# Heated Towel Rack - Dry Electric Rails vs Glycol Liquid Filled vs Hydronic - Which is best?



## Don2222 (Jan 12, 2014)

Hello

Just looking for a good heated towel rack. A while ago I really wanted hydronic which seems to be the best and can be controlled very nicely with a T-Stat but I am getting away from oil baseboard heat. Therefore electric seams better these days. They say 150 watt dry element rails heats up quick, but nothing beats the heat output of the 300 watt glycol filled rails. Athough the top rail is not glycol filled for expansion and does not heat.

I am also looking for a modern style heavy guage Brushed Nickel or Satin Nickel which makes finding a good one a little harder.

*Answer - What's the difference between a filled electric towel rail and a dry electric towel rail?*
http://www.heatandthings.co.uk/customer-service/faqs.aspx

Hydronic 500 BTU/HR Towel Warmer
http://www.thesteamstore.com/mr-steam-h542-hydronic-towel-warmer.html

150 Watt Dry element Towel Warmer
http://www.signaturehardware.com/product14357

300 Watt Glycol filled that Accommodates optional robe hook Towel Warmer
http://www.signaturehardware.com/product17329

*What do you prefer and what do you have?
*
See pic below
Click to Enlarge


----------



## gzecc (Jan 12, 2014)

Forget the towel rack, how about a heated toilet seat!


----------



## johnchap (Jan 19, 2014)

ummm I feel like this post should be in Greenwich connecticut ...... heated towels?  FML .....   ok ok  to each his/her own   enjoy it ...


----------



## semipro (Jan 19, 2014)

Don, we don't have towel warmers but I'd guess that the difference is sort of like that between cast iron and soapstone wood stoves. 
The liquid filled ones warm up more slowly, cool down more slowly, and produce a more even heat.
The dry element, heats up faster, cools down faster, and the temp may vary more across the heated region.  (towel hot spots?).


----------



## Don2222 (Jan 19, 2014)

semipro said:


> Don, we don't have towel warmers but I'd guess that the difference is sort of like that between cast iron and soapstone wood stoves.
> The liquid filled ones warm up more slowly, cool down more slowly, and produce a more even heat.
> The dry element, heats up faster, cools down faster, and the temp may vary more across the heated region.  (towel hot spots?).
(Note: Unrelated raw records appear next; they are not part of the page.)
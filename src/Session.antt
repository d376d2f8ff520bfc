-- ===== src/Session.antt =====
-- scripts/run_demo_execution_pipeline_loop.py: the bounded loop that runs both strategies, over what a
-- session gives it.
pub mod Cycle
pub mod Loss
pub mod Loop
use mt5_mcp_trading_framewor.Common.{ℕ, Bool, Option, some, List, String}
use mt5_mcp_trading_framewor.Common.Action.{Action}
use mt5_mcp_trading_framewor.Float.{Float, ◌⊗◌}
use mt5_mcp_trading_framewor.Domain.{Time, Deal}
use mt5_mcp_trading_framewor.Risk.{ExposureCaps, DailyLossLimitConfig}
use mt5_mcp_trading_framewor.Sizing.{MoneyConfig}
use mt5_mcp_trading_framewor.State.Models.{LocalOrderRecord}
use mt5_mcp_trading_framewor.Strategy.Grid.{GridStrategyConfig}
use mt5_mcp_trading_framewor.Strategy.Runner.{RunnerStrategyConfig}
use mt5_mcp_trading_framewor.Pipeline.Interfaces.{MarketDataSource, AccountReader, OrderExecutor}
use mt5_mcp_trading_framewor.Pipeline.GridCycle.{GridSettings}
use mt5_mcp_trading_framewor.Pipeline.RunnerCycle.{RunnerSettings}
use mt5_mcp_trading_framewor.Pipeline.LoopControl.{LoopLimits}

-- what `main` has at hand inside of the session, over the state of everything outside
pub record Session (S F : Type 0) : Type 0 where
  pub market_data : MarketDataSource S F
  pub account : AccountReader S F
  pub executor : OrderExecutor S F
  -- the state store's `all_open` and `all_records`
  pub all_open : Action S (List (LocalOrderRecord F))
  pub all_records : Action S (List (LocalOrderRecord F))
  -- `get_deals` from the date of one instant to the date of another
  pub get_deals : Time → Time → Action S (List (Deal F))
  -- `datetime.now(timezone.utc)`, `time.monotonic() - start_time`, `STOP_FILE.exists()` and
  -- `asyncio.sleep`
  pub now : S → Time × S
  pub elapsed : S → F × S
  pub stop_file_exists : S → Bool × S
  pub sleep : F → S → S
  -- the configurations with their defaults
  pub grid_config : GridStrategyConfig F
  pub runner_config : RunnerStrategyConfig F
  pub money_config : MoneyConfig F

module _ {F : Type 0} ⦃f : Float F⦄ where
  abbrev pub loop_caps : ExposureCaps F
  loop_caps = record {
    max_open_lots = some (f.ratio 6 100);
    budget_max_lots = some (f.ratio 6 100);
  }

  abbrev pub loop_limits : LoopLimits F
  loop_limits = record {
    max_cycles = 30;
    max_runtime_seconds = f.of_nat 180 ⊗ f.of_nat 60;
    cycle_interval_seconds = f.of_nat 300;
    poll_interval_seconds = f.of_nat 5;
  }

  abbrev pub loop_loss_config : DailyLossLimitConfig F
  loop_loss_config = record { max_daily_loss = some (f.of_nat 50); reset_hour_utc = 0 }

  abbrev pub grid_settings : {S : Type 0} → Session S F → GridSettings F
  grid_settings session = record {
    symbol = "BTCUSD";
    timeframe = "M1";
    bars_count = 100;
    grid_config = session.grid_config;
    money_config = session.money_config;
    caps = loop_caps;
    magic = 71101;
  }

  abbrev pub runner_settings : {S : Type 0} → Session S F → RunnerSettings F
  runner_settings session = record {
    symbol = "BTCUSD";
    timeframe = "M1";
    bars_count = 100;
    runner_config = session.runner_config;
    money_config = session.money_config;
    caps = loop_caps;
    magic = 72101;
  }
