-- ===== src/Session/Cycle.antt =====
-- `_run_one_cycle`: the grid and then the runner, each on its own.
use mt5_mcp_trading_framewor.Common.{Bool, true, false, ◌&&◌, some}
use mt5_mcp_trading_framewor.Common.Outcome.{Outcome, ok, raised}
use mt5_mcp_trading_framewor.Float.{Float}
use mt5_mcp_trading_framewor.Pipeline.GridCycle.{
  GridCycle, finished, grid_cycle_error, run_grid_cycle,
}
use mt5_mcp_trading_framewor.Pipeline.RunnerCycle.{run_runner_cycle}
use mt5_mcp_trading_framewor.Session.{Session, grid_settings, runner_settings}

abbrev pub grid_is_ok : {F : Type 0} → Outcome (GridCycle F) → Bool
grid_is_ok (ok (finished results)) = true
grid_is_ok (ok (grid_cycle_error results errors)) = false
grid_is_ok (raised e) = false

abbrev pub is_ok : {A : Type 0} → Outcome A → Bool
is_ok (ok a) = true
is_ok (raised e) = false

module _ {S F : Type 0} ⦃f : Float F⦄ (session : Session S F) where
  unfoldable pub run_one_cycle : S → Bool × S
  unfolding run_grid_cycle run_runner_cycle
  run_one_cycle s =
      let grid =
        run_grid_cycle session.market_data session.account session.executor (grid_settings session)
          (some session.all_open) s in
      let runner =
        run_runner_cycle session.market_data session.account session.executor
          (runner_settings session) (some session.all_open) grid.1 in
      (grid_is_ok grid.0 && is_ok runner.0, runner.1)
No Towel warmers, gee how about a Jacuzzi tub heater? I am definately getting that. 

The glycol filled are usually 300 watt opposed to the dry element which is 150 Watt. Therefore they can also be used as a room heater.
Thanks for your info too!


----------



## semipro (Jan 20, 2014)

Don2222 said:


> No Towel warmers, gee how about a Jacuzzi tub heater? I am definately getting that.
> 
> The glycol filled are usually 300 watt opposed to the dry element which is 150 Watt. Therefore they can also be used as a room heater.
> Thanks for your info too!


Sorry.  Should have taken more time to read.


----------



## Don2222 (Apr 3, 2014)

Myson is the best Hydronic system but Runtal is way up there with their hydronic and electric systems!

We decided to go with the new modern white powder coated Runtal OmniPanel (Glycol Filled Electric Towel Warmer)
The powder coated radiate better heat than stainless steel or brass!

Click pics to enlarge


----------



## flyingcow (Apr 3, 2014)

gzecc said:


> Forget the towel rack, how about a heated toilet seat!
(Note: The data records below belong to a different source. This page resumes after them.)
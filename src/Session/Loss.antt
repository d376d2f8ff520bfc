-- ===== src/Session/Loss.antt =====
-- The daily loss decision of a cycle: computed from the deals, and a breach where that fails.
use mt5_mcp_trading_framewor.Common.{◌-◌, false, Option, none, some, [], ◌∷◌}
use mt5_mcp_trading_framewor.Common.Int.{pos, negsuc}
use mt5_mcp_trading_framewor.Common.Clock.{minus_delta}
use mt5_mcp_trading_framewor.Common.Outcome.{Outcome, ok, raised}
use mt5_mcp_trading_framewor.Common.Action.{Action, ◌>>=◌, lift}
use mt5_mcp_trading_framewor.Float.{Float, nought}
use mt5_mcp_trading_framewor.Domain.{
  Time, RiskDecision, loss_not_computed, daily_loss_computation_error,
}
use mt5_mcp_trading_framewor.Risk.{
  DailyLossLimitConfig, check_daily_loss_limit, daily_reset_boundary, aware,
}
use mt5_mcp_trading_framewor.State.Reconcile.{local_tickets}
use mt5_mcp_trading_framewor.Monitoring.DealTime.{infer_deal_time_offset}
use mt5_mcp_trading_framewor.Monitoring.DailyPnl.{compute_daily_loss_decision}
use mt5_mcp_trading_framewor.Adapter.Executor.Posture.{one_day, or_zero}
use mt5_mcp_trading_framewor.Session.{Session}

module _ {S F : Type 0} ⦃f : Float F⦄ (session : Session S F) where
  abbrev pub clock : Action S Time
  clock s = let (t, s') = session.now s in (ok t, s')

  unfoldable pub decide : DailyLossLimitConfig F → Option F → Action S (RiskDecision F)
  unfolding check_daily_loss_limit daily_reset_boundary minus_delta infer_deal_time_offset
      compute_daily_loss_decision
  decide config none = lift (check_daily_loss_limit nought config)
  decide config (some limit) = do
    now ← clock
    boundary ← lift (daily_reset_boundary (aware now) config.reset_hour_utc)
    fetch_from ← lift (minus_delta boundary (pos one_day))
    fetch_to ← lift (minus_delta now (negsuc (one_day - 1)))
    deals ← session.get_deals fetch_from fetch_to
    all_records ← session.all_records
    offset ← lift (infer_deal_time_offset all_records deals)
    lift (
        compute_daily_loss_decision deals (local_tickets all_records) (aware now) config
          (or_zero offset))

  -- the script's `_compute_daily_loss_decision`
  unfoldable pub current_daily_loss_decision : DailyLossLimitConfig F → Action S (RiskDecision F)
  unfolding decide
  current_daily_loss_decision config = decide config config.max_daily_loss

  abbrev pub or_breach : Outcome (RiskDecision F) → RiskDecision F
  or_breach (ok decision) = decision
  or_breach (raised e) = record {
    approved = false;
    reasons = loss_not_computed e ∷ [];
    blocking_guard = some daily_loss_computation_error;
  }

  unfoldable pub daily_loss_decision_for_cycle : DailyLossLimitConfig F → S → RiskDecision F × S
  unfolding current_daily_loss_decision decide
  daily_loss_decision_for_cycle config s =
      let computed = current_daily_loss_decision config s in (or_breach computed.0, computed.1)
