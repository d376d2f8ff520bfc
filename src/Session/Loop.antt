-- ===== src/Session/Loop.antt =====
-- The wait between cycles and the loop of `main`, on fuel: a wait ends with its last poll, and the loop
-- with its last cycle.
pub mod Laws
use mt5_mcp_trading_framewor.Common.{
  ℕ, zero, suc, Bool, true, false, not, Option, none, some, if◌then◌else◌,
}
use mt5_mcp_trading_framewor.Float.{Float, ◌⊕◌, ◌⊖◌, ◌⊏◌, nought, min}
use mt5_mcp_trading_framewor.Domain.{RiskDecision}
use mt5_mcp_trading_framewor.Risk.{DailyLossLimitConfig}
use mt5_mcp_trading_framewor.Pipeline.LoopControl.{LoopLimits, StopReason, should_stop}
use mt5_mcp_trading_framewor.Session.{Session}
use mt5_mcp_trading_framewor.Session.Cycle.{run_one_cycle}
use mt5_mcp_trading_framewor.Session.Loss.{daily_loss_decision_for_cycle}

-- how a wait ends, and how the loop ends, with the number of cycles that were run
pub data WaitEnd : Type 0 where
  stop_requested interval_over polls_used_up : WaitEnd

pub data LoopEnd (F : Type 0) : Type 0 where
  stopped_before : ℕ → StopReason F → LoopEnd F
  stopped_by_error : ℕ → LoopEnd F
  stopped_in_wait : ℕ → LoopEnd F
  fuel_used_up : LoopEnd F

module _ {S F : Type 0} ⦃f : Float F⦄ (session : Session S F) (limits : LoopLimits F) where
  -- `should_stop` with what it reads
  unfoldable pub stop_check : ℕ → RiskDecision F → S → Option (StopReason F) × S
  unfolding should_stop
  stop_check cycle_num decision s =
      let (elapsed, s1) = session.elapsed s in
      let (stop_file, s2) = session.stop_file_exists s1 in
      (should_stop cycle_num elapsed stop_file limits (some decision), s2)

  abbrev pub next_step : F → F
  unfolding min
  next_step waited = min limits.poll_interval_seconds (limits.cycle_interval_seconds ⊖ waited)

  -- a round that did not stop sleeps and goes on
  abbrev pub after_poll : Option (StopReason F) → (S → WaitEnd × S) → F → S → WaitEnd × S
  after_poll (some reason) go_on step s = (stop_requested, s)
  after_poll none go_on step s = go_on (session.sleep step s)

  unfoldable pub wait_for_next_cycle : ℕ → ℕ → RiskDecision F → F → S → WaitEnd × S
  unfolding stop_check next_step
  wait_for_next_cycle zero cycle_num decision waited s =
      if waited ⊏ limits.cycle_interval_seconds then (polls_used_up, s) else (interval_over, s)
  wait_for_next_cycle (suc polls) cycle_num decision waited s =
      let checked = stop_check cycle_num decision s in
      let later = wait_for_next_cycle polls cycle_num decision (waited ⊕ next_step waited) in
      if waited ⊏ limits.cycle_interval_seconds
      then after_poll checked.0 later (next_step waited) checked.1
      else (interval_over, s)

  module _ (polls : ℕ) (config : DailyLossLimitConfig F) where
    abbrev pub after_wait : ℕ → (S → LoopEnd F × S) → WaitEnd × S → LoopEnd F × S
    after_wait cycle_num go_on (stop_requested, s) = (stopped_in_wait cycle_num, s)
    after_wait cycle_num go_on (interval_over, s) = go_on s
    after_wait cycle_num go_on (polls_used_up, s) = (fuel_used_up, s)

    abbrev pub after_cycle : ℕ → RiskDecision F → (S → LoopEnd F × S) → Bool × S → LoopEnd F × S
    unfolding wait_for_next_cycle
    after_cycle cycle_num decision go_on (false, s) = (stopped_by_error cycle_num, s)
    after_cycle cycle_num decision go_on (true, s) =
        after_wait cycle_num go_on (wait_for_next_cycle polls cycle_num decision nought s)

    abbrev pub after_check :
        ℕ → RiskDecision F → (S → LoopEnd F × S) → Option (StopReason F) × S → LoopEnd F × S
    unfolding wait_for_next_cycle run_one_cycle
    after_check cycle_num decision go_on (some reason, s) = (stopped_before cycle_num reason, s)
    after_check cycle_num decision go_on (none, s) =
        after_cycle (suc cycle_num) decision go_on (run_one_cycle session s)

    -- the loop of `main`, from the number of cycles that were run
    unfoldable pub main_loop : ℕ → ℕ → S → LoopEnd F × S
    unfolding stop_check daily_loss_decision_for_cycle wait_for_next_cycle run_one_cycle
    main_loop zero cycle_num s = (fuel_used_up, s)
    main_loop (suc fuel) cycle_num s =
        let decided = daily_loss_decision_for_cycle session config s in
        after_check cycle_num decided.0 (main_loop fuel (suc cycle_num))
          (stop_check cycle_num decided.0 decided.1)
That's my job, she likes me to preheat the seat for her. I'm louder than the alarm clock in the am.


----------



## Bobbin (Apr 4, 2014)

LOL! following the good man in the morning rotation has its benefits... (still laughing)


----------



## ewdudley (Apr 4, 2014)

In the summer we've had good results with small dehumidifiers in the bathrooms, keeps the towels dry and the whole room as well.


----------



## woodsmaster (Apr 12, 2014)

I have hydronic ones tied to my wood boiler that I also double as bathroom heaters. I love them. I have never tried the electric ones.


----------



## flyingcow (Apr 12, 2014)

woodsmaster said:


> I have hydronic ones tied to my wood boiler that I also double as bathroom heaters. I love them. I have never tried the electric ones.



just for curiosity. What size are the towel racks and how big is your bathroom? Square footage?  what is the temperature of the water going through them? 

Thanks.


----------



## woodsmaster (Apr 12, 2014)

flyingcow said:


> just for curiosity. What size are the towel racks and how big is your bathroom? Square footage?  what is the temperature of the water going through them?
> 
> Thanks.



mine are aprox 30" tall 20"wide. around 2,300 btu / hr at 180F. The temp of water varies from 190 to 130 depending on my water storage. Obviously the towel off the 190 degree rack feals better then when its 130. The bathroom is aprox. 8' x 10 '


----------



## flyingcow (Apr 12, 2014)

Thanks. What brand are they? Seem like good ones?


----------



## Don2222 (Apr 15, 2014)

Our bath is small, it does take about 1/2 hr to heat up the towel rack, but we will see how it works.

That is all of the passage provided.